Mi sono trasferita da Gerusalemme a Tel Aviv nel 2001. Fin da allora, avevo capito la storia delle centinaia di villaggi palestinesi spopolati sparsi nell’attuale Israele. Li conoscevo come parchi nazionali, come rovine lungo la strada, come siti di picnic e come città israeliane; alcuni li conoscevo con i nomi arabi originali.

Tel Aviv stessa domina sei località palestinesi esistenti prima del 1948: al-Jamasin al Gharbi, al-Mas’udiyya (Summayl), al-Shaykh Muwanis, Salameh, un villaggio di pescatori e il quartiere settentrionale di Giaffa al-Manshiyya.

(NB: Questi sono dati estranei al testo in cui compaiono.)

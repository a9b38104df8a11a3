-- ===== src/Schedule/Consistent.antt =====
-- How the three maps of apps/gateway/src/runtime_schedule.ts belong together, on the functions that look them up.
use mathlib.Core.Path.{subst}
use mathlib.Core.Option.{some-injective}
use blue_tanuki.Base.{
  String, ◌==◌, ◌≡◌, sym, ap, ◌∙◌, inl, inr, true, false, Option, none, some, eq_iff, eq_refl,
  Bool-cases, if◌then◌else◌,
}
use blue_tanuki.Schedule.Types.{RuntimeSchedule, ScheduleOperation, PendingOperation}
use blue_tanuki.Schedule.Manager.{is_active, active_in}

-- What an operation needs of the schedule that is listed under its id: a new one stands where none is
-- active, another changes the active one, as it was when the operation was requested.
abbrev pub Fits : Option RuntimeSchedule → PendingOperation → Type 0
Fits o p = elim p.operation [
  | ScheduleOperation.create ↦ active_in o ≡ none
  | _ ↦ (s : RuntimeSchedule) × (p.previous ≡ some s) × (o ≡ some s) × (is_active s ≡ true)
]

-- a map with one key changed, or taken out
abbrev pub IsUpdate {ℓ} :
    {A : Type ℓ} → (String → Option A) → String → Option A → (String → Option A) → Type ℓ
IsUpdate f k o g = (j : String) → g j ≡ (if k == j then o else f j)

abbrev pub IsKeyed : (String → Option RuntimeSchedule) → Type 0
IsKeyed S = (id : String) (s : RuntimeSchedule) → S id ≡ some s → s.id ≡ id

module _ (F : String → Option PendingOperation) (B : String → Option String)
    (S : String → Option RuntimeSchedule) where
  abbrev pub IsOpen : String → PendingOperation → Type 0
  IsOpen c p =
      (p.command_id ≡ c)
      × (p.proposed.id ≡ p.schedule_id)
      × (B p.schedule_id ≡ some c)
      × Fits (S p.schedule_id) p

  -- Every pending operation is known under its command and its schedule, and fits the schedule that is
  -- listed; a schedule's command is pending; schedules are listed under their ids.
  abbrev pub IsConsistentOn : Type 0
  IsConsistentOn =
      ((c : String) (p : PendingOperation) → F c ≡ some p → IsOpen c p)
      × ((id c : String)
          → B id ≡ some c
          → (p : PendingOperation) × (F c ≡ some p) × (p.schedule_id ≡ id))
      × IsKeyed S

pub update_same {ℓ} :
    {A : Type ℓ} (f : String → Option A) (k : String) (o : Option A) (g : String → Option A)
    → IsUpdate f k o g
    → g k ≡ o
update_same f k o g u = u k ∙ ap (λ b. if b then o else f k) (eq_refl k)

pub update_at {ℓ} :
    {A : Type ℓ} (f : String → Option A) (k j : String) (o : Option A) (g : String → Option A)
    → IsUpdate f k o g
    → (k == j) ≡ true
    → g j ≡ o
update_at f k j o g u same = u j ∙ ap (λ b. if b then o else f j) same

pub update_other {ℓ} :
    {A : Type ℓ} (f : String → Option A) (k j : String) (o : Option A) (g : String → Option A)
    → IsUpdate f k o g
    → (k == j) ≡ false
    → g j ≡ f j
update_other f k j o g u other = u j ∙ ap (λ b. if b then o else f j) other

same_key : (a b : String) → (a == b) ≡ true → a ≡ b
same_key a b = (eq_iff a b).0

key_same : (a b : String) → a ≡ b → (a == b) ≡ true
key_same a b = (eq_iff a b).1

module _ {F : String → Option PendingOperation} {B : String → Option String}
    {S : String → Option RuntimeSchedule} (F' : String → Option PendingOperation)
    (B' : String → Option String) (S' : String → Option RuntimeSchedule) (c : String)
    (p : PendingOperation) where
  -- Another pending operation is about another schedule.
  pub other_schedule :
      (h : IsConsistentOn F B S) (q : PendingOperation) (d : String)
      → F c ≡ some p
      → F d ≡ some q
      → (c == d) ≡ false
      → (p.schedule_id == q.schedule_id) ≡ false
  other_schedule h q d found held other = elim (Bool-cases (p.schedule_id == q.schedule_id)) [
    | inl same ↦
        let mine : B p.schedule_id ≡ some c = (h.0 c p found).2 in
        let yours : B q.schedule_id ≡ some d = (h.0 d q held).2 in
        let both : c ≡ d =
          some-injective c d
            (sym mine ∙ ap B (same_key p.schedule_id q.schedule_id same) ∙ yours) in
        cc (key_same c d both)
    | inr different ↦ different
  ]

  -- An operation that is taken out, whatever becomes of its schedule.
  pub close-IsConsistentOn :
      IsConsistentOn F B S
      → F c ≡ some p
      → IsUpdate F c none F'
      → IsUpdate B p.schedule_id none B'
      → (o : Option RuntimeSchedule) → IsUpdate S p.schedule_id o S'
      → IsKeyed S'
      → IsConsistentOn F' B' S'
  close-IsConsistentOn h found uf ub o us keyed = (
    (λ d q held. elim (Bool-cases (c == d)) [
      | inl same ↦ cc (update_at F c d none F' uf same)
      | inr other ↦
          let before : F d ≡ some q = sym (update_other F c d none F' uf other) ∙ held in
          let (names, proposes, indexed, fits) = h.0 d q before in
          let apart = other_schedule h q d found before other in
          (
            names,
            proposes,
            update_other B p.schedule_id q.schedule_id none B' ub apart ∙ indexed,
            subst (λ t. Fits t q) (sym (update_other S p.schedule_id q.schedule_id o S' us apart))
                fits,
          )
    ]),
    (λ id d indexed. elim (Bool-cases (p.schedule_id == id)) [
      | inl same ↦ cc (update_at B p.schedule_id id none B' ub same)
      | inr other ↦
          let (q, held, about) =
            h.1 id d (sym (update_other B p.schedule_id id none B' ub other) ∙ indexed) in
          elim (Bool-cases (c == d)) [
            | inl mine ↦
                let both : p ≡ q =
                  some-injective p q (sym found ∙ ap F (same_key c d mine) ∙ held) in
                cc (key_same p.schedule_id id (ap (λ x. x.schedule_id) both ∙ about))
            | inr yours ↦ (q, update_other F c d none F' uf yours ∙ held, about)
          ]
    ]),
    keyed,
  )

  -- A new operation, under a command that is not pending and for a schedule that nothing waits for.
  pub open-IsConsistentOn :
      IsConsistentOn F B S
      → F c ≡ none
      → B p.schedule_id ≡ none
      → p.command_id ≡ c
      → p.proposed.id ≡ p.schedule_id
      → Fits (S p.schedule_id) p
      → IsUpdate F c (some p) F'
      → IsUpdate B p.schedule_id (some c) B'
      → IsConsistentOn F' B' S
  open-IsConsistentOn h fresh free names proposes fits uf ub = (
    (λ d q held. elim (Bool-cases (c == d)) [
      | inl same ↦
          let both : p ≡ q =
            some-injective p q
              (sym (update_same F c (some p) F' uf) ∙ ap F' (same_key c d same) ∙ held) in
          subst (λ x. IsOpen F' B' S d x) both
            (
              names ∙ same_key c d same,
              proposes,
              update_same B p.schedule_id (some c) B' ub ∙ ap some (same_key c d same),
              fits,
            )
      | inr other ↦
          let (named, proposed, indexed, fit) =
            h.0 d q (sym (update_other F c d (some p) F' uf other) ∙ held) in
          let apart : (p.schedule_id == q.schedule_id) ≡ false =
            elim (Bool-cases (p.schedule_id == q.schedule_id)) [
              | inl same ↦ cc (ap B (same_key p.schedule_id q.schedule_id same))
              | inr different ↦ different
            ] in
          (
            named,
            proposed,
            update_other B p.schedule_id q.schedule_id (some c) B' ub apart ∙ indexed,
            fit,
          )
    ]),
    (λ id d indexed. elim (Bool-cases (p.schedule_id == id)) [
      | inl same ↦
          let about : p.schedule_id ≡ id = same_key p.schedule_id id same in
          let both : c ≡ d =
            some-injective c d
              (sym (update_same B p.schedule_id (some c) B' ub) ∙ ap B' about ∙ indexed) in
          (p, ap F' (sym both) ∙ update_same F c (some p) F' uf, about)
      | inr other ↦
          let (q, held, about) =
            h.1 id d (sym (update_other B p.schedule_id id (some c) B' ub other) ∙ indexed) in
          elim (Bool-cases (c == d)) [
            | inl mine ↦ cc (ap F (same_key c d mine))
            | inr yours ↦ (q, update_other F c d (some p) F' uf yours ∙ held, about)
          ]
    ]),
    h.2,
  )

Tuttavia, quando ho visto i loro resti, mescolati con le strade, le gallerie e le caffetterie di Tel Aviv, non riuscivo a immaginare che questi villaggi o i loro abitanti potessero tornare a far parte della città.

La mia incapacità di immaginare un futuro di questo tipo, parla del potere schiacciante che l’immaginario nazionale sionista ha avuto sul mio pensiero. L’ethos del sionismo ha ridisegnato la terra con gli strumenti della partizione, segregazione e discriminazione, senza lasciare spazio per immaginare qualcosa di diverso da ciò che esiste oggi. Pochissimi ebrei israeliani, ad esempio, riescono politicamente ad immaginarsi come pari ai palestinesi, sia con cittadinanza israeliana che senza.

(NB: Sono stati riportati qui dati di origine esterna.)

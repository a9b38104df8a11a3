-- ===== src/Schedule/Invariant.antt =====
-- apps/gateway/src/runtime_schedule.ts: what the operations that approve nothing do to the schedules that are active
-- and to the operations that wait.
use mathlib.Core.List.{Memᴰ}
use mathlib.Core.Option.{some-injective}
use blue_tanuki.Base.{
  String, ◌==◌, ◌≡◌, refl, sym, ap, ◌∙◌, inl, inr, Option, some, Bool-cases, eq_iff,
}
use blue_tanuki.Base.Dict.{Dict, get, put, get-put}
use blue_tanuki.Controller.Types.{ScheduleLifecycleEvent}
use blue_tanuki.Schedule.Types.{RuntimeSchedule, PendingOperation, ScheduleLifecycle, ManagerState}
use blue_tanuki.Schedule.Manager.{active_in}
use blue_tanuki.Schedule.Consistent.{IsUpdate, IsKeyed, IsConsistentOn, update_at, update_other}

abbrev pub IsConsistent : ManagerState → Type 0
IsConsistent st = IsConsistentOn (get st.pending) (get st.pending_by_schedule) (get st.schedules)

-- The schedule that is active under an id.
abbrev pub active : ManagerState → String → Option RuntimeSchedule
active st id = active_in (get st.schedules id)

-- No event is forgotten.
abbrev pub Grows : ManagerState → ManagerState → Type 0
Grows st next =
    (e : ScheduleLifecycleEvent × ScheduleLifecycle) → Memᴰ e st.events → Memᴰ e next.events

-- What happens without an approval: consistency stays, the same schedules are active, and operations
-- are taken out of those that wait, if anything.
abbrev pub Kept : ManagerState → ManagerState → Type 0
Kept st next =
    IsConsistent next
    × ((id : String) → active next id ≡ active st id)
    × ((c : String) (p : PendingOperation)
        → get next.pending c ≡ some p
        → get st.pending c ≡ some p)
    × Grows st next

pub Kept-trans : (a b c : ManagerState) → Kept a b → Kept b c → Kept a c
Kept-trans a b c (_, same, fewer, more) (h, same', fewer', more') = (
  h,
  (λ id. same' id ∙ same id),
  (λ k p e. fewer k p (fewer' k p e)),
  (λ e m. more' e (more e m)),
)

pub put_schedule-IsKeyed :
    (m : Dict RuntimeSchedule) (s : RuntimeSchedule)
    → IsKeyed (get m)
    → IsKeyed (get (put m s.id s))
put_schedule-IsKeyed m s h id t e = elim (Bool-cases (s.id == id)) [
  | inl same ↦
      let both : s ≡ t =
        some-injective s t
          (sym (update_at (get m) s.id id (some s) _ (λ j. get-put m s.id j s) same) ∙ e) in
      ap (λ x. x.id) (sym both) ∙ (eq_iff s.id id).0 same
  | inr other ↦
      h id t (sym (update_other (get m) s.id id (some s) _ (λ j. get-put m s.id j s) other) ∙ e)
]

pub IsUpdate-trivial : (f : String → Option RuntimeSchedule) (k : String) → IsUpdate f k (f k) f
IsUpdate-trivial f k j = elim (Bool-cases (k == j)) [
  | inl same ↦ rw same (ap f (sym ((eq_iff k j).0 same)))
  | inr other ↦ rw other refl
]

L ‘”immaginazione” non appartiene semplicemente al regno della fantasia; non è qualcosa di irreale che “accade” quando si chiudono gli occhi. Al contrario, è un’azione che ha luogo quando gli occhi guardano. E abbiamo bisogno dell’immaginazione per comprendere il passato, il presente e il futuro di Israele-Palestina attraverso lenti liberate dai confini dell’immaginario esclusivo del sionismo.

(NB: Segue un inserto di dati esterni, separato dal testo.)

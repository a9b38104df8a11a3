-- ===== src/Schedule/Rejection.antt =====
-- apps/gateway/src/runtime_schedule.ts: rejections, and the expiry of operations, approve nothing.
use mathlib.Core.List.{Memᴰ}
use mathlib.Core.List.Memᴰ
use mathlib.Core.Option.{some-injective}
use mathlib.Core.Path.{subst}
use blue_tanuki.Base.{
  ℕ, String, ◌==◌, ◌≡◌, refl, sym, ap, ◌∙◌, inl, inr, true, false, Option, none, some, List, [],
  ◌∷◌, map, leb, Bool-cases, Option-cases, eq_iff,
}
use blue_tanuki.Base.Dict.{Dict, get, get-put, get-remove, get-remove_same}
use blue_tanuki.Schedule.Types.{RuntimeSchedule, ScheduleOperation, PendingOperation, ManagerState}
use blue_tanuki.Schedule.Manager.{
  ManagerSetting, active_in, rejected_schedule, without_pending, keep_rejected, reject_found,
  reject_pending, reject_expired, prune_expired_pending,
}
use blue_tanuki.Schedule.Consistent.{
  Fits, IsUpdate, IsKeyed, update_at, update_other, close-IsConsistentOn,
}
use blue_tanuki.Schedule.Invariant.{
  IsConsistent, active, Kept, Kept-trans, put_schedule-IsKeyed, IsUpdate-trivial,
}

module _ (setting : ManagerSetting) where
  -- The listed schedule after a rejection, and that none becomes active or ceases to be.
  kept_schedules :
      (st : ManagerState) (p : PendingOperation) (now : ℕ) (op : ScheduleOperation)
      → p.operation ≡ op
      → p.proposed.id ≡ p.schedule_id
      → Fits (get st.schedules p.schedule_id) p
      → IsKeyed (get st.schedules)
      → let next = keep_rejected setting st p now in
        ((o : Option RuntimeSchedule) × IsUpdate
            (get st.schedules)
            p.schedule_id
            o
            (get next.schedules)
          × (active_in o ≡ active st p.schedule_id))
        × IsKeyed (get next.schedules)
  kept_schedules st p now ScheduleOperation.create e same fits keyed = rw e (
    (some (rejected_schedule p now), (λ j. rw (get-put, same) refl), sym (rw e at fits)),
    put_schedule-IsKeyed st.schedules (rejected_schedule p now) keyed,
  )
  kept_schedules st p now ScheduleOperation.update e same fits keyed =
      rw e ((get st.schedules p.schedule_id, IsUpdate-trivial _ p.schedule_id, refl), keyed)
  kept_schedules st p now ScheduleOperation.delete e same fits keyed =
      rw e ((get st.schedules p.schedule_id, IsUpdate-trivial _ p.schedule_id, refl), keyed)

  active_elsewhere :
      (S S' : String → Option RuntimeSchedule) (k : String) (o : Option RuntimeSchedule)
      → IsUpdate S k o S'
      → active_in o ≡ active_in (S k)
      → (id : String) → active_in (S' id) ≡ active_in (S id)
  active_elsewhere S S' k o u same id = elim (Bool-cases (k == id)) [
    | inl here ↦
        ap active_in (update_at S k id o S' u here)
        ∙ same
        ∙ ap (λ x. active_in (S x)) ((eq_iff k id).0 here)
    | inr there ↦ ap active_in (update_other S k id o S' u there)
  ]

  -- A rejection leaves the rest to its caller.
  kept_rest :
      (st : ManagerState) (p : PendingOperation) (now : ℕ) (op : ScheduleOperation)
      → p.operation ≡ op
      → let next = keep_rejected setting st p now in
        (next.pending ≡ st.pending)
        × (next.pending_by_schedule ≡ st.pending_by_schedule)
        × (next.events ≡ st.events)
  kept_rest st p now ScheduleOperation.create e = rw e (refl, refl, refl)
  kept_rest st p now ScheduleOperation.update e = rw e (refl, refl, refl)
  kept_rest st p now ScheduleOperation.delete e = rw e (refl, refl, refl)

  reject_found-Kept :
      (st : ManagerState) (c actor : String) (now : ℕ) (p : PendingOperation)
      → IsConsistent st
      → get st.pending c ≡ some p
      → Kept st (reject_found setting st c actor now p)
  reject_found-Kept st c actor now p h found =
      let mid = without_pending st c p in
      let (_, proposes, _, fits) = h.0 c p found in
      let ((o, update, same), keyed) =
        kept_schedules mid p now p.operation refl proposes fits h.2 in
      let next = reject_found setting st c actor now p in
      let gone : IsUpdate (get st.pending) c none (get next.pending) = λ j.
        ap (λ m. get m j) (kept_rest mid p now p.operation refl).0 ∙ get-remove st.pending c j in
      let freed : IsUpdate (get st.pending_by_schedule) p.schedule_id none
          (get next.pending_by_schedule) =
        λ j.
          ap (λ m. get m j) (kept_rest mid p now p.operation refl).1
          ∙ get-remove st.pending_by_schedule p.schedule_id j in
      (
        close-IsConsistentOn (get next.pending) (get next.pending_by_schedule) (get next.schedules)
            c p h found gone freed o update keyed,
        active_elsewhere (get st.schedules) (get next.schedules) p.schedule_id o update same,
        (λ d q held. elim (Bool-cases (c == d)) [
          | inl here ↦ cc (update_at (get st.pending) c d none (get next.pending) gone here)
          | inr there ↦
              sym (update_other (get st.pending) c d none (get next.pending) gone there) ∙ held
        ]),
        (λ e m.
            Memᴰ.append_left _ (subst (Memᴰ e) (sym (kept_rest mid p now p.operation refl).2) m)),
      )

  reject_pending-none :
      (st : ManagerState) (c actor : String) (now : ℕ)
      → get st.pending c ≡ none
      → reject_pending setting st c actor now ≡ (none, st)
  unfolding reject_pending
  reject_pending-none st c actor now absent = rw (absent, reject_pending) refl

  reject_pending-some :
      (st : ManagerState) (c actor : String) (now : ℕ) (p : PendingOperation)
      → get st.pending c ≡ some p
      → reject_pending setting st c actor now ≡ (some p, reject_found setting st c actor now p)
  unfolding reject_pending
  reject_pending-some st c actor now p found = rw (found, reject_pending) refl

  pub reject_pending-Kept :
      (st : ManagerState) (c actor : String) (now : ℕ)
      → IsConsistent st
      → Kept st (reject_pending setting st c actor now).1
  reject_pending-Kept st c actor now h = elim (Option-cases (get st.pending c)) [
    | inl absent ↦
        subst (λ r. Kept st r.1) (sym (reject_pending-none st c actor now absent))
          (h, (λ id. refl), (λ d q e. e), (λ e m. m))
    | inr (p, found) ↦
        subst (λ r. Kept st r.1) (sym (reject_pending-some st c actor now p found))
          (reject_found-Kept st c actor now p h found)
  ]

  -- A rejected operation waits no longer.
  reject_pending-gone :
      (st : ManagerState) (c actor : String) (now : ℕ)
      → get (reject_pending setting st c actor now).1.pending c ≡ none
  reject_pending-gone st c actor now = elim (Option-cases (get st.pending c)) [
    | inl absent ↦ ap (λ r. get r.1.pending c) (reject_pending-none st c actor now absent) ∙ absent
    | inr (p, found) ↦
        ap (λ r. get r.1.pending c) (reject_pending-some st c actor now p found)
        ∙ ap (λ m. get m c) (kept_rest (without_pending st c p) p now p.operation refl).0
        ∙ get-remove_same st.pending c
  ]

  reject_expired-expired :
      (p : PendingOperation) (ps : List PendingOperation) (st : ManagerState) (actor : String)
      (now : ℕ)
      → leb p.expires_at_ms now ≡ true
      → reject_expired setting (p ∷ ps) st actor now
        ≡ reject_expired setting ps (reject_pending setting st p.command_id actor now).1 actor now
  unfolding reject_expired
  reject_expired-expired p ps st actor now e = rw (e, reject_expired) refl

  reject_expired-live :
      (p : PendingOperation) (ps : List PendingOperation) (st : ManagerState) (actor : String)
      (now : ℕ)
      → leb p.expires_at_ms now ≡ false
      → reject_expired setting (p ∷ ps) st actor now ≡ reject_expired setting ps st actor now
  unfolding reject_expired
  reject_expired-live p ps st actor now e = rw (e, reject_expired) refl

  pub reject_expired-Kept :
      (ps : List PendingOperation) (st : ManagerState) (actor : String) (now : ℕ)
      → IsConsistent st
      → Kept st (reject_expired setting ps st actor now)
  unfolding reject_expired
  reject_expired-Kept [] st actor now h = (h, (λ id. refl), (λ d q e. e), (λ e m. m))
  reject_expired-Kept (p ∷ ps) st actor now h = elim (Bool-cases (leb p.expires_at_ms now)) [
    | inl expired ↦
        let st1 = (reject_pending setting st p.command_id actor now).1 in
        let once = reject_pending-Kept st p.command_id actor now h in
        subst (Kept st) (sym (reject_expired-expired p ps st actor now expired)) (
          Kept-trans st st1 (reject_expired setting ps st1 actor now) once
            (reject_expired-Kept ps st1 actor now once.0))
    | inr live ↦
        subst (Kept st) (sym (reject_expired-live p ps st actor now live))
          (reject_expired-Kept ps st actor now h)
  ]

  stays_gone :
      (a b : ManagerState) (c : String) → Kept a b → get a.pending c ≡ none → get b.pending c ≡ none
  stays_gone a b c k gone = elim (Option-cases (get b.pending c)) [
    | inl absent ↦ absent
    | inr (p, held) ↦ cc (k.2 c p held)
  ]

  reject_expired-gone :
      (ps : List PendingOperation) (st : ManagerState) (actor : String) (now : ℕ)
      (p : PendingOperation)
      → IsConsistent st
      → Memᴰ p ps
      → leb p.expires_at_ms now ≡ true
      → get (reject_expired setting ps st actor now).pending p.command_id ≡ none
  reject_expired-gone [] st actor now p h m expired = elim m [ ]
  reject_expired-gone (q ∷ ps) st actor now p h m expired =
      elim (Bool-cases (leb q.expires_at_ms now)) [
        | inl first ↦
            let st1 = (reject_pending setting st q.command_id actor now).1 in
            let once = reject_pending-Kept st q.command_id actor now h in
            ap (λ r. get r.pending p.command_id) (reject_expired-expired q ps st actor now first)
            ∙ elim m [
              | Memᴰ.head e ↦
                  stays_gone st1 (reject_expired setting ps st1 actor now) p.command_id
                    (reject_expired-Kept ps st1 actor now once.0)
                    (ap (λ x. get st1.pending x.command_id) e
                      ∙ reject_pending-gone st q.command_id actor now)
              | Memᴰ.tail rest ↦ reject_expired-gone ps st1 actor now p once.0 rest expired
            ]
        | inr later ↦
            ap (λ r. get r.pending p.command_id) (reject_expired-live q ps st actor now later)
            ∙ elim m [
              | Memᴰ.head e ↦ cc (ap (λ x. leb x.expires_at_ms now) e)
              | Memᴰ.tail rest ↦ reject_expired-gone ps st actor now p h rest expired
            ]
      ]

pub get-Mem {ℓ} :
    {V : Type ℓ} (m : Dict V) (k : String) (v : V) → get m k ≡ some v → Memᴰ v (map (λ e. e.1) m)
unfolding get
get-Mem [] k v h = cc
get-Mem ((j, w) ∷ m) k v h = elim (Bool-cases (j == k)) [
  | inl same ↦ Memᴰ.head (some-injective v w (sym (rw same at h)))
  | inr other ↦ Memᴰ.tail (get-Mem m k v (rw other at h))
]

module _ (setting : ManagerSetting) where
  pub prune_expired_pending-Kept :
      (st : ManagerState) (actor : String) (now : ℕ)
      → IsConsistent st
      → Kept st (prune_expired_pending setting st actor now)
  prune_expired_pending-Kept st actor now h =
      reject_expired-Kept setting (map (λ e. e.1) st.pending) st actor now h

  -- What still waits has not expired.
  pub prune_expired_pending-live :
      (st : ManagerState) (actor : String) (now : ℕ) (c : String) (p : PendingOperation)
      → IsConsistent st
      → get (prune_expired_pending setting st actor now).pending c ≡ some p
      → leb p.expires_at_ms now ≡ false
  prune_expired_pending-live st actor now c p h held = elim (Bool-cases (leb p.expires_at_ms now)) [
    | inl expired ↦
        let before : get st.pending c ≡ some p =
          (prune_expired_pending-Kept st actor now h).2 c p held in
        let named : p.command_id ≡ c = (h.0 c p before).0 in
        let gone =
          reject_expired-gone setting (map (λ e. e.1) st.pending) st actor now p h
            (get-Mem st.pending c p before) expired in
        cc (rw named at gone)
    | inr live ↦ live
  ]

Per la teorica politica Hannah Arendt, l’immaginazione riguarda le relazioni che nascono tra persone che possono vedersi gli uni con gli altri e immaginare le reciproche prospettive. La forza dell’immaginazione, scrive, “rende gli altri presenti e quindi si muove in uno spazio potenzialmente pubblico, aperto da tutti i lati … Pensare con una mentalità aperta significa allenare la propria immaginazione a guardare in giro”.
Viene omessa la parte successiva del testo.